• INPUT MATERIAL:
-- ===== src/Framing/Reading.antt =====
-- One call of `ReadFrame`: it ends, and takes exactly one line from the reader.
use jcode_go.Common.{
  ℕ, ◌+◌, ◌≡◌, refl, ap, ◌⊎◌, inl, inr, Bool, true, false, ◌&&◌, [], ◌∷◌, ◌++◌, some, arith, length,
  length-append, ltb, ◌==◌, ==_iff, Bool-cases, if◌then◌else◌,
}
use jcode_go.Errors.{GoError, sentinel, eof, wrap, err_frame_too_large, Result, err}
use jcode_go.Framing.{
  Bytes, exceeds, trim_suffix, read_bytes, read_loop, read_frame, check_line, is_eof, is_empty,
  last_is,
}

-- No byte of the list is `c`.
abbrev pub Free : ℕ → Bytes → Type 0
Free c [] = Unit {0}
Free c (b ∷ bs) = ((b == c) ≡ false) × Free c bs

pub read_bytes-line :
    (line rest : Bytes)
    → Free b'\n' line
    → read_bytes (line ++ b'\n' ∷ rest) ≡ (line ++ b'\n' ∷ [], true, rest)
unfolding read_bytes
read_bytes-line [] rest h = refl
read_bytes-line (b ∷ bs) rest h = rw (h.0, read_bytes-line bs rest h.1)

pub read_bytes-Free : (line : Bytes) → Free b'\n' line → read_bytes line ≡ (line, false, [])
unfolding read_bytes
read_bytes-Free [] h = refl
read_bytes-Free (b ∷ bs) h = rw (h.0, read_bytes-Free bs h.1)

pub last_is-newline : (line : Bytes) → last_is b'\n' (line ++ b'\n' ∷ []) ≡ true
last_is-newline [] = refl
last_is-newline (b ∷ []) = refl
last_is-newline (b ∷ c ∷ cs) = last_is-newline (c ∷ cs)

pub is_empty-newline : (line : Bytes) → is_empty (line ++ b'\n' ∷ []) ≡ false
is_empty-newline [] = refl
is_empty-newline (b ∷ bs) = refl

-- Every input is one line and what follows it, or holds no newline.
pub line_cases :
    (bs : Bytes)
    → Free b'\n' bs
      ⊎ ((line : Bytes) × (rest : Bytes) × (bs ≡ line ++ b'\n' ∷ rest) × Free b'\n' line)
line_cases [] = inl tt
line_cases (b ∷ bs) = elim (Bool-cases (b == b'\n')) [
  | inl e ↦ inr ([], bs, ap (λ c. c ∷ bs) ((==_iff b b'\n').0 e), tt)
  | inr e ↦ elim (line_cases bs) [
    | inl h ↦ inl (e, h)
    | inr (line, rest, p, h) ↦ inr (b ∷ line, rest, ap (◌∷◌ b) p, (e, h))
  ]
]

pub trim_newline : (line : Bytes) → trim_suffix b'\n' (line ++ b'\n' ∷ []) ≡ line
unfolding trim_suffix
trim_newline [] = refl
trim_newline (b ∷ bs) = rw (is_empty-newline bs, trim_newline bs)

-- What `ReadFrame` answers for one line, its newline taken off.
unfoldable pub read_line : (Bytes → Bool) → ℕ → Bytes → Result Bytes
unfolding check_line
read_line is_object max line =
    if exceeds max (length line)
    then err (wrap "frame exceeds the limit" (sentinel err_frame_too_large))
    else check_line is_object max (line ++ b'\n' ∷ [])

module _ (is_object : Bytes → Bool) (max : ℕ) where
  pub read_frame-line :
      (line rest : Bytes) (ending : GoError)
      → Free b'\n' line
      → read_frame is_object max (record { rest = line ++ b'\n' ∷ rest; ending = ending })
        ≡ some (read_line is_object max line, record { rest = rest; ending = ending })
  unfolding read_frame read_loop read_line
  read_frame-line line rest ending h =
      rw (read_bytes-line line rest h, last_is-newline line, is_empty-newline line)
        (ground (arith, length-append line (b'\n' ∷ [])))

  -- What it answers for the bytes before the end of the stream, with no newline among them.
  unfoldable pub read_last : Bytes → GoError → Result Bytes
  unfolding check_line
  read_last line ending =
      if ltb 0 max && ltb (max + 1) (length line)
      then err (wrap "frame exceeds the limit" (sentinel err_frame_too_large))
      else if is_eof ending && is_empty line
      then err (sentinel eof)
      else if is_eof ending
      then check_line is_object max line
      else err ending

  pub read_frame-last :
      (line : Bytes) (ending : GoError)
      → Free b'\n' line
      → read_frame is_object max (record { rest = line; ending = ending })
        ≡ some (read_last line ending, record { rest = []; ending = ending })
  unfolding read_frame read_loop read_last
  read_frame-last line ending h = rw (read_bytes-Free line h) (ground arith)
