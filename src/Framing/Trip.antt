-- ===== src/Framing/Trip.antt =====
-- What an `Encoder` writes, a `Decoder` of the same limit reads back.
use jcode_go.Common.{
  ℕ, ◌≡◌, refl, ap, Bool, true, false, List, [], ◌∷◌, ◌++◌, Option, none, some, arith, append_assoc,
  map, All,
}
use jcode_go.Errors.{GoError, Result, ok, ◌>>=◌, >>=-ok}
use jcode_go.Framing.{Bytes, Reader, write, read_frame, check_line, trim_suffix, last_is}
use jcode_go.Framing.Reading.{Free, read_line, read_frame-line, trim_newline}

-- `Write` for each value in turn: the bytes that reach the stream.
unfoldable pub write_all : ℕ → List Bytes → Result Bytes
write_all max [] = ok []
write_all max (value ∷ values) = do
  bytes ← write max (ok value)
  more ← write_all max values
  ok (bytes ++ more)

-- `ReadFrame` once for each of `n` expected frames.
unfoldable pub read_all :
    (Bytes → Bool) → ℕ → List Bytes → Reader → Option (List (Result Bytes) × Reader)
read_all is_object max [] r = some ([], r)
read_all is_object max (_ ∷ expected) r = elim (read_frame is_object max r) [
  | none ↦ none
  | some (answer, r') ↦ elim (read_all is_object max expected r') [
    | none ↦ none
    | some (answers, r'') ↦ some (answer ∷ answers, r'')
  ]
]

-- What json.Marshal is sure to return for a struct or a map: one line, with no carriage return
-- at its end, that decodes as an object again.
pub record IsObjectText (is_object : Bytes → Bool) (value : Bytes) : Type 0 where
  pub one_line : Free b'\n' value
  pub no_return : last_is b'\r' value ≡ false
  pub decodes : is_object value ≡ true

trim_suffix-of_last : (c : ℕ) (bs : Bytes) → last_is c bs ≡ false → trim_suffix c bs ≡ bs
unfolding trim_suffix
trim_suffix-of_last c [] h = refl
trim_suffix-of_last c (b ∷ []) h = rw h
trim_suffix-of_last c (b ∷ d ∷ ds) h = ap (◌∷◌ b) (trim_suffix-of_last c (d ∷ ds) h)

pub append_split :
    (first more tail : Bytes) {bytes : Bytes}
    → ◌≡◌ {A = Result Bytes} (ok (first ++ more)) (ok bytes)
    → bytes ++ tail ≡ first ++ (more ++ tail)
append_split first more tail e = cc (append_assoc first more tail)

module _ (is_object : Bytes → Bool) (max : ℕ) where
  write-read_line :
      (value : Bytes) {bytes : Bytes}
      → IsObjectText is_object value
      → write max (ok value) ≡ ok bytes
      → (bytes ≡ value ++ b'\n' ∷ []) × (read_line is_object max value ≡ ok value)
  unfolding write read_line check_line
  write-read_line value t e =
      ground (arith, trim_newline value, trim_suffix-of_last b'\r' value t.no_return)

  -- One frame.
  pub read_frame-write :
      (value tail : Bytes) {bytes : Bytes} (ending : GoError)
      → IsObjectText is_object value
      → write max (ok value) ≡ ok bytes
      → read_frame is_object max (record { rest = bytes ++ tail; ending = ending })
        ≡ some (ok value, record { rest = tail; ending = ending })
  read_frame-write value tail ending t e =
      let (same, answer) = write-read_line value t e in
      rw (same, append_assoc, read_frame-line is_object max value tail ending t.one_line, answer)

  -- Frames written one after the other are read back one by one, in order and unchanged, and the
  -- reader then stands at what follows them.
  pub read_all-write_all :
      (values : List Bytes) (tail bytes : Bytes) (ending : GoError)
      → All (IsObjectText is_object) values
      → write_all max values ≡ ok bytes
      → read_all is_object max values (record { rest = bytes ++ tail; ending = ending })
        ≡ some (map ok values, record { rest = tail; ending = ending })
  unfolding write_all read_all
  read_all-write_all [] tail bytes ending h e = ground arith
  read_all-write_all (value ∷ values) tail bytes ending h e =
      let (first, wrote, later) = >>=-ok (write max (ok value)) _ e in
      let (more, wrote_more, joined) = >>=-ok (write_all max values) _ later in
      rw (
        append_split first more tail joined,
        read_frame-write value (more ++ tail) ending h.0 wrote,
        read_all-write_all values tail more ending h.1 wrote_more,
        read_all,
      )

• THE PROBLEM: Output exactly one stretch of the listing: from the line containing "is_empty-newline [] = refl" through the line containing "then err (sentinel eof)", both end lines included.

• RESPONSE TO THE EXERCISE:
is_empty-newline [] = refl
is_empty-newline (b ∷ bs) = refl

-- Every input is one line and what follows it, or holds no newline.
pub line_cases :
    (bs : Bytes)
    → Free b'\n' bs
      ⊎ ((line : Bytes) × (rest : Bytes) × (bs ≡ line ++ b'\n' ∷ rest) × Free b'\n' line)
line_cases [] = inl tt
line_cases (b ∷ bs) = elim (Bool-cases (b == b'\n')) [
  | inl e ↦ inr ([], bs, ap (λ c. c ∷ bs) ((==_iff b b'\n').0 e), tt)
  | inr e ↦ elim (line_cases bs) [
    | inl h ↦ inl (e, h)
    | inr (line, rest, p, h) ↦ inr (b ∷ line, rest, ap (◌∷◌ b) p, (e, h))
  ]
]

pub trim_newline : (line : Bytes) → trim_suffix b'\n' (line ++ b'\n' ∷ []) ≡ line
unfolding trim_suffix
trim_newline [] = refl
trim_newline (b ∷ bs) = rw (is_empty-newline bs, trim_newline bs)

-- What `ReadFrame` answers for one line, its newline taken off.
unfoldable pub read_line : (Bytes → Bool) → ℕ → Bytes → Result Bytes
unfolding check_line
read_line is_object max line =
    if exceeds max (length line)
    then err (wrap "frame exceeds the limit" (sentinel err_frame_too_large))
    else check_line is_object max (line ++ b'\n' ∷ [])

module _ (is_object : Bytes → Bool) (max : ℕ) where
  pub read_frame-line :
      (line rest : Bytes) (ending : GoError)
      → Free b'\n' line
      → read_frame is_object max (record { rest = line ++ b'\n' ∷ rest; ending = ending })
        ≡ some (read_line is_object max line, record { rest = rest; ending = ending })
  unfolding read_frame read_loop read_line
  read_frame-line line rest ending h =
      rw (read_bytes-line line rest h, last_is-newline line, is_empty-newline line)
        (ground (arith, length-append line (b'\n' ∷ [])))

  -- What it answers for the bytes before the end of the stream, with no newline among them.
  unfoldable pub read_last : Bytes → GoError → Result Bytes
  unfolding check_line
  read_last line ending =
      if ltb 0 max && ltb (max + 1) (length line)
      then err (wrap "frame exceeds the limit" (sentinel err_frame_too_large))
      else if is_eof ending && is_empty line
      then err (sentinel eof)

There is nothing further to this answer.